Manlik (2020: 13 fn 1), therefore, treats the magazine, Lesbians on the Loose, as a “practical text” as understood in WPR (Bacchi 2009: 34), which aims to produce particular effects in the “conduct” of their audiences. Specifically, she explains how SM women are positioned within the magazine texts “as responsible, at least in part, for addressing the ‘problem’ of HIV”. She shows how this stance illustrates Foucault’s theoretical focus on subjectification (see Bacchi and Goodwin 2016: 49-53), which is primarily concerned with how governing transpires through problematisations: “that is, how certain subject positions are rendered thinkable or unthinkable through, what Bacchi (2009: 48) terms, ‘problem representations’” (Manlik 2020: 4).
Crucially, the key point to remember is how to treat these “practical texts” in one’s analysis. Manlik (2020: 12) explains:
“And yet, it is important to note that, under Bacchi’s (2009; Bacchi and Goodwin 2016) WPR approach, blame should not be assigned to individual authors in LOTL or the magazine itself for (re)producing particular problem representations.”
When using WPR, the researcher targets underlying conceptual logics; it does not seek signs of intentional manipulation. The point to take from this example, then, is the possibility of interrogating the conceptual logics in at least some media texts through applying the WPR questions.

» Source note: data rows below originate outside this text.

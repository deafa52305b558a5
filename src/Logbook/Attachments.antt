-- ===== src/Logbook/Attachments.antt =====
-- The attachments of a row in logbook/scribe.py, and the writer that they share in logbook/book.py.
use auto_weaver.Prelude.{
  ℕ, ◌+◌, String, Bool, true, false, Option, none, some, List, [], ◌∷◌, ◌++◌, length, string_eq,
}
use auto_weaver.Dict.{Dict, put}
use auto_weaver.Value.{Result, ok, err, runtime_error}
use auto_weaver.Exec.{Exec, pure, modify, ◌>>=◌, ◌>>◌}
use auto_weaver.Delivery.{DropPolicy}
use auto_weaver.Logbook.{text, plain, sequence, mapping, Values, Entries, entry, Python}
use auto_weaver.Logbook.Writer.{Attachment, AttachmentWriter, new_writer, submit}
use auto_weaver.Logbook.Book.{Row, Logbook, put_scribe, find_scribe}

abbrev pub open_writer : Option AttachmentWriter → Option ℕ → DropPolicy → Result AttachmentWriter
open_writer (some w) capacity policy = ok w
open_writer none none policy = err runtime_error
open_writer none (some n) policy = new_writer n policy

-- one round of the loop over the attachments: what was written, and what was dropped
abbrev pub noted :
    Bool → String → String → Dict String String × List String → Dict String String × List String
noted true filename path (written, dropped) = (put written filename path, dropped)
noted false filename path (written, dropped) = (written, dropped ++ filename ∷ [])

module _ {F : Type 0} where
  -- the property `attachments`
  unfoldable pub attachment_writer : Exec (Logbook F) AttachmentWriter
  attachment_writer = do
    w ← λ b. (open_writer b.attachments b.attachment_capacity b.attachment_policy, b)
    modify (λ b. record b { attachments = some w })
    pure w

module _ (P : Python) where
  unfoldable pub submit_attachment : ℕ → Attachment → Exec (Logbook P.Number) (Bool × String)
  unfolding attachment_writer
  submit_attachment seq a = do
    w ← attachment_writer
    let path = P.attachment_path a.subdir seq a.filename
    let r = submit (record { path = path; attachment = a }) w
    modify (λ b. record b { attachments = some r.1 })
    pure (r.0, path)

  unfoldable pub submit_all :
      ℕ
      → List Attachment
      → Dict String String × List String
      → Exec (Logbook P.Number) (Dict String String × List String)
  unfolding submit_attachment
  submit_all seq [] acc = pure acc
  submit_all seq (a ∷ rest) acc = do
    r ← submit_attachment seq a
    submit_all seq rest (noted r.0 a.filename r.1 acc)

  abbrev pub text_entries : Dict String String → Entries P.Number
  text_entries [] = Entries.end
  text_entries ((k, s) ∷ d) = entry (ok k) (plain (text s)) (text_entries d)

  abbrev pub text_values : List String → Values P.Number
  text_values [] = Values.nil
  text_values (s ∷ ss) = Values.cons (plain (text s)) (text_values ss)

  abbrev pub put_written : Dict String String → Row P.Number → Row P.Number
  put_written [] row = row
  put_written (w ∷ written) row = put row "attachments" (mapping (text_entries (w ∷ written)))

  abbrev pub put_dropped : List String → Row P.Number → Row P.Number
  put_dropped [] row = row
  put_dropped (s ∷ dropped) row =
      put row "attachments_dropped" (sequence (text_values (s ∷ dropped)))

  abbrev pub count_dropped : String → List String → Exec (Logbook P.Number) Unit
  count_dropped ledger [] = pure tt
  count_dropped ledger (name ∷ names) = do
    s ← find_scribe ledger
    modify (
        put_scribe ledger
          (record s { dropped_attachments = s.dropped_attachments + length (name ∷ names) }))

  -- the part of `_write` on the attachments
  unfoldable pub attach :
      String → ℕ → List Attachment → Row P.Number → Exec (Logbook P.Number) (Row P.Number)
  unfolding submit_all
  attach ledger seq [] row = pure row
  attach ledger seq (a ∷ rest) row = do
    r ← submit_all seq (a ∷ rest) ([], [])
    count_dropped ledger r.1
    pure (put_dropped r.1 (put_written r.0 row))
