-- ===== src/Logbook/Scribe.antt =====
-- `write` of logbook/scribe.py.
use auto_weaver.Prelude.{ℕ, String, Option, none, some, List, [], ◌∷◌, string_eq}
use auto_weaver.Dict.{put}
use auto_weaver.Value.{Result, ok, err}
use auto_weaver.Exec.{Exec, pure, lift, gets, modify, ◌>>=◌, ◌>>◌}
use auto_weaver.Logbook.{number, text, Json, Py, plain, Python}
use auto_weaver.Logbook.Serialize.{to_jsonable}
use auto_weaver.Logbook.Lossless.{of_json}
use auto_weaver.Logbook.Writer.{Attachment}
use auto_weaver.Logbook.Book.{
  Row, Logbook, Moment, update, find_scribe, next_seq, append_line, count,
}
use auto_weaver.Logbook.Attachments.{attach}

module _ (P : Python) where
  abbrev pub coerced_value : Result (Json P.Number) → Result (Py P.Number)
  coerced_value (err e) = err e
  coerced_value (ok j) = ok (of_json j)

  abbrev pub coerced_entry :
      String → Result (Py P.Number) → Result (Row P.Number) → Result (Row P.Number)
  coerced_entry k (err e) rest = err e
  coerced_entry k (ok v) (err e) = err e
  coerced_entry k (ok v) (ok row) = ok ((k, v) ∷ row)

  -- `{k: to_jsonable(v) for k, v in d.items()}`
  unfoldable pub coerced : Row P.Number → Result (Row P.Number)
  coerced [] = ok []
  coerced ((k, v) ∷ d) = coerced_entry k (coerced_value (to_jsonable P 0 v)) (coerced d)

  abbrev pub kind_text : Py P.Number → Result String
  kind_text (plain (text s)) = ok s
  kind_text v = P.str v

  -- `at` and `now`
  abbrev pub stamp : Moment P.Number → Option P.Number → Logbook P.Number → Row P.Number
  stamp m (some mono) b =
      ("t", plain (number (P.rounded (P.minus mono b.t0_mono) 4)))
      ∷ ("wall", plain (number (P.rounded (P.plus b.t0_wall (P.minus mono b.t0_mono)) 4)))
      ∷ []
  stamp m none b =
      ("t", plain (number (P.rounded (P.minus m.mono b.t0_mono) 4)))
      ∷ ("wall", plain (number (P.rounded m.wall 4)))
      ∷ []

  -- the dict that a row begins with
  abbrev pub first_row : ℕ → Row P.Number → String → Row P.Number
  first_row seq times kind =
      put (update (("seq", plain (number (P.of_nat seq))) ∷ []) times) "kind" (plain (text kind))

  unfoldable pub layered :
      Row P.Number → Row P.Number → Row P.Number → Row P.Number → Row P.Number → Row P.Number
  unfolding update
  layered first tags context defaults fields =
      update (update (update (update first tags) context) defaults) fields

  -- `_write` up to the line
  unfoldable pub build_row :
      Moment P.Number
      → String
      → ℕ
      → String
      → Option P.Number
      → Row P.Number
      → Exec (Logbook P.Number) (Row P.Number)
  unfolding layered coerced
  build_row m ledger seq kind at fields = do
    times ← gets (stamp m at)
    tags ← gets (λ b. b.row_tags)
    context ← λ b. (coerced b.context, b)
    s ← find_scribe ledger
    defaults ← lift (coerced s.defaults)
    own ← lift (coerced fields)
    pure (layered (first_row seq times kind) tags context defaults own)

  -- `_write` once the row has its number, up to the line; the text of the kind goes on
  unfoldable pub put_row :
      Moment P.Number
      → String
      → Py P.Number
      → Option P.Number
      → List Attachment
      → Row P.Number
      → ℕ
      → Exec (Logbook P.Number) String
  unfolding build_row attach append_line
  put_row m ledger kind at attachments fields seq = do
    name ← lift (kind_text kind)
    row ← build_row m ledger seq name at fields
    whole ← attach P ledger seq attachments row
    lift (m.dumped whole)
    append_line m ledger whole
    pure name

  -- `_write`: the lock is held for the number and for the line, and the tally has a lock of its own, so
  -- that other threads may call between these three steps
  unfoldable pub write_row :
      Moment P.Number
      → String
      → Py P.Number
      → Option P.Number
      → List Attachment
      → Row P.Number
      → Exec (Logbook P.Number) Unit
  unfolding next_seq put_row count
  write_row m ledger kind at attachments fields = do
    seq ← next_seq ledger
    name ← put_row m ledger kind at attachments fields seq
    modify (count ledger name)

  -- `Scribe.write`, which logs what is raised
  unfoldable pub write :
      Moment P.Number
      → String
      → Py P.Number
      → Option P.Number
      → List Attachment
      → Row P.Number
      → Logbook P.Number
      → Logbook P.Number
  unfolding write_row
  write m ledger kind at attachments fields b = (write_row m ledger kind at attachments fields b).1
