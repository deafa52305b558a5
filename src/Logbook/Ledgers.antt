-- ===== src/Logbook/Ledgers.antt =====
-- The ledgers of a logbook/book.py over any sequence of calls: their rows, and the tally of them.
use auto_weaver.Prelude.{
  ℕ, ◌+◌, ◌≤◌, String, ◌≡◌, refl, ap, ◌∙◌, Option, none, some, List, [], ◌∷◌, arith, length, ◌==◌,
  string_eq, eq_iff, if◌then◌else◌, inl, inr, Bool-cases,
}
use auto_weaver.Dict.{Dict, get, put, get-put}
use auto_weaver.Logbook.Book.{Row, Scribe, Logbook, kinds_of, total, count_of, put_scribe, lines_of}

abbrev pub seq_at : {F : Type 0} → Option (Scribe F) → ℕ
seq_at none = 0
seq_at (some s) = s.seq

pub total-put :
    (d : Dict String ℕ) (k : String) → total (put d k (count_of (get d k) + 1)) ≡ total d + 1
unfolding put get
total-put [] k = refl
total-put ((j, n) ∷ d) k = elim (Bool-cases (j == k)) [
  | inl e ↦ rw e (omega arith)
  | inr e ↦ rw e (omega (arith, total-put d k))
]

-- one more for a ledger
abbrev pub plus_at : String → (String → ℕ) → String → ℕ
plus_at ledger p l = if ledger == l then p l + 1 else p l

module _ {F : Type 0} where
  abbrev pub seq_of : Logbook F → String → ℕ
  seq_of b ledger = seq_at (get b.scribes ledger)

  abbrev pub lines : Logbook F → String → List (Row F)
  lines b ledger = lines_of (get b.files ledger)

  abbrev pub kinds : Logbook F → String → Dict String ℕ
  kinds b ledger = kinds_of (get b.counts ledger)

  -- The lines of each ledger with its numbers that wait for a line are not more than the numbers given
  -- out, and its tally with the lines that wait to be counted is not above its lines.
  abbrev pub IsAccounted : (String → ℕ) → (String → ℕ) → Logbook F → Type 0
  IsAccounted p u b =
      (l : String)
      → (length (lines b l) + p l ≤ seq_of b l) × (total (kinds b l) + u l ≤ length (lines b l))

  -- the same files and tallies, and the same numbers
  abbrev pub IsSame : Logbook F → Logbook F → Type 0
  IsSame b c =
      (c.files ≡ b.files) × (c.counts ≡ b.counts) × ((l : String) → seq_of c l ≡ seq_of b l)

  pub IsSame-IsAccounted :
      (p u : String → ℕ) (b c : Logbook F) → IsSame b c → IsAccounted p u b → IsAccounted p u c
  IsSame-IsAccounted p u b c (f, k, s) h l = rw (f, k, s l) (h l)

  -- with fewer that wait
  pub IsAccounted-less :
      (p u q v : String → ℕ) (b : Logbook F)
      → ((l : String) → (q l ≤ p l) × (v l ≤ u l))
      → IsAccounted p u b
      → IsAccounted q v b
  IsAccounted-less p u q v b e h l = (omega (arith, h l, e l), omega (arith, h l, e l))

  pub seq_of-put_scribe :
      (ledger : String) (s : Scribe F) (b : Logbook F) (l : String)
      → seq_of (put_scribe ledger s b) l ≡ (if ledger == l then s.seq else seq_of b l)
  seq_of-put_scribe ledger s b l = ground (arith, get-put b.scribes ledger l s)

  -- a scribe that is put back with its number
  pub IsSame-put_scribe :
      (ledger : String) (s : Scribe F) (b : Logbook F)
      → s.seq ≡ seq_of b ledger
      → IsSame b (put_scribe ledger s b)
  IsSame-put_scribe ledger s b e = (
    refl,
    refl,
    λ l. elim (Bool-cases (ledger == l)) [
      | inl q ↦
          let same : ledger ≡ l = (eq_iff ledger l).0 q in
          seq_of-put_scribe ledger s b l ∙ rw q (e ∙ ap (seq_of b) same)
      | inr q ↦ seq_of-put_scribe ledger s b l ∙ rw q refl
    ],
  )
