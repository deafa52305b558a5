-- ===== src/Logbook/Closing.antt =====
-- `close` and the summary of logbook/book.py.
use auto_weaver.Prelude.{ℕ, String, Bool, true, false, Option, none, some, List, [], ◌∷◌, string_eq}
use auto_weaver.Dict.{Dict, put, keys}
use auto_weaver.Value.{Result, ok, err}
use auto_weaver.Logbook.{
  boolean, number, text, Py, plain, sequence, mapping, Values, Entries, entry, Python,
}
use auto_weaver.Logbook.Writer
use auto_weaver.Logbook.Writer.{Job, AttachmentWriter}
use auto_weaver.Logbook.Book.{Row, Logbook, update, total, close_scribe}

abbrev pub close_writer :
    List (Result (Unit {0})) → Option AttachmentWriter → Bool × Option AttachmentWriter
close_writer during none = (true, none)
close_writer during (some w) = let r = Writer.close during w in (r.0, some r.1)

abbrev pub close_scribes : {F : Type 0} → List String → Logbook F → Logbook F
close_scribes [] b = b
close_scribes (ledger ∷ ledgers) b = close_scribes ledgers (close_scribe ledger b).1

module _ (P : Python) where
  abbrev pub int : ℕ → Py P.Number
  int n = plain (number (P.of_nat n))

  -- the dict of the rows of each ledger
  abbrev pub rows_entries : Dict String (Dict String ℕ) → Entries P.Number
  rows_entries [] = Entries.end
  rows_entries ((ledger, kinds) ∷ d) = entry (ok ledger) (int (total kinds)) (rows_entries d)

  abbrev pub kinds_entries : Dict String ℕ → Entries P.Number
  kinds_entries [] = Entries.end
  kinds_entries ((kind, n) ∷ d) = entry (ok kind) (int n) (kinds_entries d)

  abbrev pub counts_entries : Dict String (Dict String ℕ) → Entries P.Number
  counts_entries [] = Entries.end
  counts_entries ((ledger, kinds) ∷ d) =
      entry (ok ledger) (mapping (kinds_entries kinds)) (counts_entries d)

  abbrev pub path_values : List Job → Values P.Number
  path_values [] = Values.nil
  path_values (job ∷ jobs) = Values.cons (plain (text (P.path_name job.path))) (path_values jobs)

  abbrev pub abandoned_entry : List Job → Entries P.Number
  abandoned_entry [] = Entries.end
  abandoned_entry (job ∷ jobs) =
      entry (ok "abandoned") (sequence (path_values (job ∷ jobs))) Entries.end

  abbrev pub put_attachments : Option AttachmentWriter → Bool → Row P.Number → Row P.Number
  put_attachments none drained row = row
  put_attachments (some w) drained row = put row "attachments" (
      mapping (
        entry (ok "written") (int w.written) (
          entry (ok "dropped") (int w.queue.dropped)
            (entry (ok "drained") (plain (boolean drained)) (abandoned_entry w.abandoned)))))

  -- what the framework adds to the fields of the business
  abbrev pub own_summary : P.Number → Logbook P.Number → Row P.Number
  own_summary mono b =
      ("duration_s", plain (number (P.rounded (P.minus mono b.t0_mono) 3)))
      ∷ ("rows", mapping (rows_entries b.counts))
      ∷ ("kinds", mapping (counts_entries b.counts))
      ∷ []

  abbrev pub saved_summary : Result (Unit {0}) → Row P.Number → Logbook P.Number → Logbook P.Number
  saved_summary (err e) row b = b
  saved_summary (ok t) row b = record b { summary_file = some row }

  -- `_write_summary`; what is raised is logged
  unfoldable pub write_summary :
      (Row P.Number → Result (Unit {0})) → P.Number → Bool → Logbook P.Number → Logbook P.Number
  unfolding update
  write_summary saved mono drained b =
      let row = put_attachments b.attachments drained (update b.summary (own_summary mono b)) in
      saved_summary (saved row) row b

  abbrev pub close_unless :
      Bool
      → (Row P.Number → Result (Unit {0}))
      → P.Number
      → List (Result (Unit {0}))
      → Logbook P.Number
      → Logbook P.Number
  close_unless true saved mono during b = b
  close_unless false saved mono during b =
      let r = close_writer during b.attachments in
      let ledgers = keys b.scribes in
      write_summary saved mono r.0
        (close_scribes ledgers (record b { closed = true; attachments = r.1 }))

  unfoldable pub close :
      (Row P.Number → Result (Unit {0}))
      → P.Number
      → List (Result (Unit {0}))
      → Logbook P.Number
      → Logbook P.Number
  unfolding write_summary
  close saved mono during b = close_unless b.closed saved mono during b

Manlik proceeds to offer useful insights into the political implications of the style of critique displayed in her (and other WPR-influenced) work. She notes that increasing the visibility of SM women in HIV discourses may not, in the end, serve them well, possibly forcing them to endure “surplus visibility” (Patai 1992). The purpose of her analysis is not, therefore, to advocate making SM women visible but to inquire into the forms of visibility required in order to be recognized as participating subjects in HIV discourse and accompanying legal regulations. Quoting Lamble (2009: 126) Manlik (2020: 12) concludes that “[t]he remedy for ‘limited thinking’ is not ‘better thinking’ but rather a critical interrogation of the conditions that make such rationalities possible.” To challenge taken-for-granted discourses and regulations through which governing takes place, they must be rendered as questionable – as open to interrogation and possible change. Such is the intent of a WPR analysis.